# Colors you would never wear or designs that are ugly



## pittcanna (Oct 2, 2014)

So today on amazon, i see some off the wall kits. Below is a kit that is kinda cool but kinda out there to wear on a group ride.

http://www.amazon.com/Weelly-Cyclin..._p_img_10?ie=UTF8&refRID=16G3VPGAGZCFQQSF5HDK


----------



## tlg (May 11, 2011)

That *IS *out there to wear on *ANY *ride.


----------



## JCavilia (Sep 12, 2005)

Ugly, like beauty, is in the eye of the beholder. I don't find that especially offensive, but I wouldn't wear it because of the colors. It's essentially brown camoflage. I wear bright colors, to be seen better. No black, gray, brown, etc. for me. I also only wear plain black shorts, since they go with anything.

So I guess I don't have any "kits." I have shorts, and I have jerseys.


----------



## ColaJacket (Apr 13, 2015)

I thought only Cougar cyclist wore that kit. 

GH


----------



## Camilo (Jun 23, 2007)

That is one ugly set, but at least it's not festooned with "sponsor" logos, worn by someone who is not part of a team.


----------



## Pirx (Aug 9, 2009)

Colors or designs I would never wear? Anything this guy pittcanna wears...


----------



## pittcanna (Oct 2, 2014)

Pirx said:


> Colors or designs I would never wear? Anything this guy pittcanna wears...


I got mostly normal kits lol.

I just like to spice things up LOL.


----------



## Shuffleman (Sep 4, 2013)

That screams New Jersey to me. More specifically, New Jersey Cougar.
I only have black road shorts but I am not sure why as I have different colors for mtb shorts.
I personally will not wear any Jersey that is all lettered up like a Nascar uniform. I will wear Yellow, red, orange, pink and etc. but I prefer just simply and basic bright colors. Of course, that is just me and I am kind of vanilla. I do find it awesome when somebody in my group wears something outlandish like that as it always opens the door for some good hearted ribbing, which always tends to go around and come around.
I do see plenty of shirts like that at the Jacksonville Jaguars games but those would be teal and black, not brown and black.


----------



## junior1210 (May 2, 2013)

Nothing wrong with that kit........providing you have the skill and strength to be in the top 20 of the Cat 1 Peloton. They'd look just as stupid as everyone else would, but they'd be fast enough to pull away from the critics.


----------



## Jay Strongbow (May 8, 2010)

The fact it's esentially a camouflage pattern makes it pretty stupid. Especially in the autumn.


----------



## Mapei (Feb 3, 2004)

I don't like the kit not because it's garish, but because it is trite. Any kit with an oversized cartoony graphic pushes that bad button within me. 

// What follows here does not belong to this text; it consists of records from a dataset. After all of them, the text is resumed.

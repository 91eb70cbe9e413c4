-- ===== src/Sync/Queue/Fifo.antt =====
-- The queues of src/kthread_queue.go are first in, first out, and never hold more than their size.
use gooos.Common.{
  ℕ, suc, ◌+◌, ◌-◌, ◌%◌, ◌≤◌, ◌<◌, ◌≡◌, refl, sym, ap, ap₂, ◌∙◌, Bool, true, false, Option, none,
  some, List, [], ◌∷◌, ◌++◌, ltb, ◌==◌, if◌then◌else◌, update, u32, length, arith,
}
use native.Mathlib.Nat.{mod-eq_of_lt, mod-add-mod, mod-lt}
use gooos.Common.Rings.{view, view_mod, view-update_end, view-update_head, length-view}
use gooos.Sync.Queue.{
  Queue, Outcome, done, parks, spins, first, fresh, enqueue, dequeue, push, pop, try_push, try_pop,
}

-- the entries, oldest first
abbrev pub contents {ℓ} : {A : Type ℓ} → ℕ → Queue A → List A
contents cap q = view q.ring cap q.head q.count

-- The indices stand in the ring, and the tail is `count` slots past the head.
pub record IsValid {ℓ} {A : Type ℓ} (cap : ℕ) (q : Queue A) : Type 0 where
  pub head_in : q.head < cap
  pub tail_at : q.tail ≡ (q.head + q.count) % cap
  pub count_in : q.count ≤ cap

abbrev pub value {ℓ} : {R : Type ℓ} → Outcome R → Option R
value (done r w) = some r
value parks = none
value spins = none

abbrev pub woken {ℓ} : {R : Type ℓ} → Outcome R → Option ℕ
woken (done r w) = w
woken parks = none
woken spins = none

-- what a FIFO of at most `cap` entries does
abbrev pub offer {ℓ} : {A : Type ℓ} → ℕ → A → List A → List A × Bool
offer cap v xs = if ltb (length xs) cap then (xs ++ (v ∷ []), true) else (xs, false)

abbrev pub uncons {ℓ} : {A : Type ℓ} → List A → List A × Option A
uncons [] = ([], none)
uncons (x ∷ xs) = (xs, some x)

abbrev pub is_done {ℓ} : {R : Type ℓ} → Outcome R → Bool
is_done (done r w) = true
is_done parks = false
is_done spins = false

module _ {A : Type 0} (cap : ℕ) (blank : A) (pos : 0 < cap) (small : cap ≤ 65536) where
  pub fresh-IsValid : IsValid cap (fresh {A = A} cap blank) × (contents cap (fresh cap blank) ≡ [])
  unfolding fresh
  fresh-IsValid =
      (record { head_in = pos; tail_at = sym (mod-eq_of_lt pos); count_in = omega arith }, refl)

  tail-lt : (q : Queue A) → IsValid cap q → q.tail < cap
  tail-lt q h = rw h.tail_at (mod-lt (q.head + q.count) pos)

  enqueue-IsValid :
      (v : A) (q : Queue A) → IsValid cap q → q.count < cap → IsValid cap (enqueue cap blank v q)
  enqueue-IsValid v q h room = record {
    head_in = h.head_in;
    tail_at =
        ap (λ t. t % cap) (omega (arith, tail-lt q h))
        ∙ ap (λ t. (t + 1) % cap) h.tail_at
        ∙ mod-add-mod (q.head + q.count) cap 1
        ∙ ap (λ t. t % cap) (omega arith);
    count_in = omega arith;
  }

  contents-enqueue :
      (v : A) (q : Queue A)
      → IsValid cap q
      → q.count < cap
      → contents cap (enqueue cap blank v q) ≡ contents cap q ++ (v ∷ [])
  contents-enqueue v q h room =
      ap (λ n. view (update q.ring q.tail v) cap q.head n) {y = suc q.count} (omega arith)
      ∙ view-update_end q.ring cap q.head q.count q.tail v room h.tail_at

  next_head : (q : Queue A) → IsValid cap q → u32 (q.head + 1) % cap ≡ (q.head + 1) % cap
  next_head q h = ap (λ t. t % cap) (omega arith)

  dequeue-IsValid : (q : Queue A) → IsValid cap q → 0 < q.count → IsValid cap (dequeue cap blank q)
  dequeue-IsValid q h held = record {
    head_in = mod-lt (u32 (q.head + 1)) pos;
    tail_at =
        h.tail_at
        ∙ ap (λ t. t % cap) (omega arith)
        ∙ sym (mod-add-mod (q.head + 1) cap (q.count - 1))
        ∙ ap (λ t. (t + (q.count - 1)) % cap) (sym (next_head q h));
    count_in = omega arith;
  }

  contents-dequeue :
      (q : Queue A)
      → IsValid cap q
      → 0 < q.count
      → contents cap q ≡ q.ring q.head ∷ contents cap (dequeue cap blank q)
  contents-dequeue q h held =
      ap (λ n. view q.ring cap q.head n) {y = suc (q.count - 1)} (omega arith)
      ∙ ap₂ ◌∷◌ (ap q.ring (mod-eq_of_lt h.head_in)) (sym left)
    where
      left : contents cap (dequeue cap blank q) ≡ view q.ring cap (q.head + 1) (q.count - 1)
      left =
          view_mod (update q.ring q.head blank) cap (u32 (q.head + 1) % cap) (q.head + 1)
            (q.count - 1) (mod-eq_of_lt (mod-lt (u32 (q.head + 1)) pos) ∙ next_head q h)
          ∙ ap (λ i. view (update q.ring i blank) cap (q.head + 1) (q.count - 1))
              (sym (mod-eq_of_lt h.head_in))
          ∙ view-update_head q.ring cap q.head (q.count - 1) blank (omega arith)

  -- One round of `Push` on a valid queue leaves a valid queue; it appends the value and returns,
  -- waking the parked consumer, exactly when there is room, and else leaves the entries alone.
  pub push_refines :
      (me : Option ℕ) (v : A) (q : Queue A)
      → IsValid cap q
      → let (q', o) = push cap blank me v q in
        IsValid cap q'
        × ((contents cap q', is_done o) ≡ offer cap v (contents cap q))
        × (woken o ≡ (if is_done o then q.consumer else none))
  unfolding push
  push_refines me v q h =
      ground (
        arith,
        enqueue-IsValid v q h,
        contents-enqueue v q h,
        length-view q.ring cap q.head q.count,
      )

  -- One round of `Pop` on a valid queue leaves a valid queue; it takes the oldest value and returns
  -- it, waking the first parked producer, exactly when there is one, and else leaves the entries.
  pub pop_refines :
      (me : Option ℕ) (q : Queue A)
      → IsValid cap q
      → let (q', o) = pop cap blank me q in
        IsValid cap q'
        × ((contents cap q', value o) ≡ uncons (contents cap q))
        × (woken o ≡ (if is_done o then first q.producers else none))
  unfolding pop
  pop_refines me q h =
      ground
        (arith, dequeue-IsValid q h, contents-dequeue q h, length-view q.ring cap q.head q.count)

  -- `TryPush` on a valid queue leaves a valid queue; it appends the value and says so, waking the
  -- parked consumer, exactly when there is room, and else drops it.
  pub try_push_refines :
      (v : A) (q : Queue A)
      → IsValid cap q
      → let (q', ok, w) = try_push cap blank v q in
        IsValid cap q'
        × ((contents cap q', ok) ≡ offer cap v (contents cap q))
        × (w ≡ (if ok then q.consumer else none))
  unfolding try_push
  try_push_refines v q h =
      ground (
        arith,
        enqueue-IsValid v q h,
        contents-enqueue v q h,
        length-view q.ring cap q.head q.count,
      )

  -- `TryPop` on a valid queue leaves a valid queue; it takes the oldest value, waking the first
  -- parked producer, exactly when there is one, and else answers with none and wakes nobody.
  pub try_pop_refines :
      (q : Queue A)
      → IsValid cap q
      → let (q', r, w) = try_pop cap blank q in
        IsValid cap q'
        × ((contents cap q', r) ≡ uncons (contents cap q))
        × (w ≡ (if q.count == 0 then none else first q.producers))
  unfolding try_pop
  try_pop_refines q h =
      ground
        (arith, dequeue-IsValid q h, contents-dequeue q h, length-view q.ring cap q.head q.count)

On the other hand, I truly enjoy kits littered with sponsors' names and symbols -- the billboard ones. The more exotic and obscure the names on the kit, the better. The sheer number of names and symbols causes the eye to stop focusing on individual details and instead to just enjoy the overall wash of color and form. It becomes abstract art.


----------



## ColaJacket (Apr 13, 2015)

Abstract Art - Hmm. Sell 4 different versions on a Jersey with the famous Andy Warhol painting of her. One different jersey for each corner.










GH


----------